Three years later, under the Trump administration, the Surgeon General’s office remained silent on the subject. However, the data has not disappeared.

According to the latest Gallup surveys cited by the Wall Street Journal20% of Americans report not having a close friend. A figure that has almost doubled since 2003.

Isolationism of individuals

A disturbing parallel emerges between the foreign policy of Donald Trump and the sociology of contemporary America. “America First” appears less like a strategic doctrine than like the collective expression of withdrawal.

Rural and peri-urban areas, which overwhelmingly supported Trump in 2024, are also those where social ties have eroded the most in twenty years.

Deindustrialization has not only destroyed jobs. It also dismantled places of sociability: bowling clubs, local associations, parishes, amateur sports leagues. Robert Putnam already made this observation in Bowling Alone twenty-five years ago. This diagnosis became, in 2026, a structural reality.

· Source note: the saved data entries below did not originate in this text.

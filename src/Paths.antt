-- ===== src/Paths.antt =====
-- internal/ufs/path_unix.go: the parts of a path. The loops of the source run over the index from the
-- end of the path, so here they run over the reversed path.
pub mod Parts
mod Examples
use feathers.Prelude.{ℕ, Bool, true, false, ◌&&◌, List, [], ◌∷◌, ◌++◌, reverse, ◌==◌, if◌then◌else◌}
use feathers.Prelude.Text.{Text, codes}

abbrev pub slash : ℕ
slash = b'/'

-- `for ; i > 0 && name[i] == '/'; i-- { name = name[:i] }`, on the reversed name.
unfoldable pub trim : Text → Text
trim [] = []
trim (c ∷ []) = c ∷ []
trim (c ∷ d ∷ rest) = let shorter = trim (d ∷ rest) in if c == slash then shorter else c ∷ d ∷ rest

-- The search for the last slash before the end of the reversed name: what lies behind it, in order.
unfoldable pub behind_slash : Text → Text → Text
behind_slash acc [] = acc
behind_slash acc (c ∷ cs) = let rest = behind_slash (c ∷ acc) cs in if c == slash then acc else rest

-- The last rune is not looked at.
unfoldable pub last_part : Text → Text
unfolding behind_slash
last_part [] = []
last_part (c ∷ cs) = behind_slash (c ∷ []) cs

unfoldable pub basename : Text → Text
unfolding trim last_part
basename name = last_part (trim (reverse name))

-- `endsWithDot`, on the reversed path.
ends_with_dot_reversed : Text → Bool
ends_with_dot_reversed [] = false
ends_with_dot_reversed (c ∷ []) = c == b'.'
ends_with_dot_reversed (c ∷ d ∷ rest) = c == b'.' && d == slash

unfoldable pub ends_with_dot : Text → Bool
unfolding ends_with_dot_reversed
ends_with_dot path = ends_with_dot_reversed (reverse path)

-- All but one leading slash is removed.
unfoldable pub trim_front : Text → Text
trim_front [] = []
trim_front (c ∷ []) = c ∷ []
trim_front (c ∷ d ∷ rest) =
    let shorter = trim_front (d ∷ rest) in
    if c == slash && d == slash then shorter else c ∷ d ∷ rest

-- The directory when a slash is found, from what is before it, reversed.
unfoldable pub dir_before : Text → Text
dir_before [] = slash ∷ []
dir_before (c ∷ cs) = reverse (c ∷ cs)

unfoldable pub split_at_slash : Text → Text → Text × Text
unfolding dir_before
split_at_slash acc [] = (codes ".", acc)
split_at_slash acc (c ∷ cs) =
    let rest = split_at_slash (c ∷ acc) cs in if c == slash then (dir_before cs, acc) else rest

unfoldable pub split_reversed : Text → Text × Text
unfolding split_at_slash
split_reversed [] = (codes ".", [])
split_reversed (c ∷ cs) = split_at_slash (c ∷ []) cs

-- `splitPath`: the directory and the base name.
unfoldable pub split_path : Text → Text × Text
unfolding trim_front trim split_reversed
split_path path = split_reversed (trim (reverse (trim_front path)))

Young men aged 18 to 35 are particularly affected. Mental health indicators show record levels of anxiety and depression, accompanied by increased distrust in institutions. It is also the group most exposed to conspiratorial content and closed digital communities.

Politics as a substitute for social ties

Donald Trump has seized a mechanism that his adversaries are still struggling to grasp: politics can compensate for the collapse of social bonds.

Meetings, feeling of belonging, designation of a common enemy: these sources recreate a form of cohesion that traditional structures no longer ensure.

Political polarization is no longer based solely on differences of ideas. It is anchored in a social reality: that of solitude.

We also vote to no longer be alone.

This logic, almost tribal, goes beyond the classic divisions between economic programs or diplomatic orientations.

Faced with this, the Democrats are trying to respond with social policies and a discourse on community. But they are mainly aimed at populations whose social ties remain relatively preserved: urban graduates, structured minorities.

Conversely, isolated America votes first for the one who puts words to its solitude, even if the solutions put forward do not resolve it.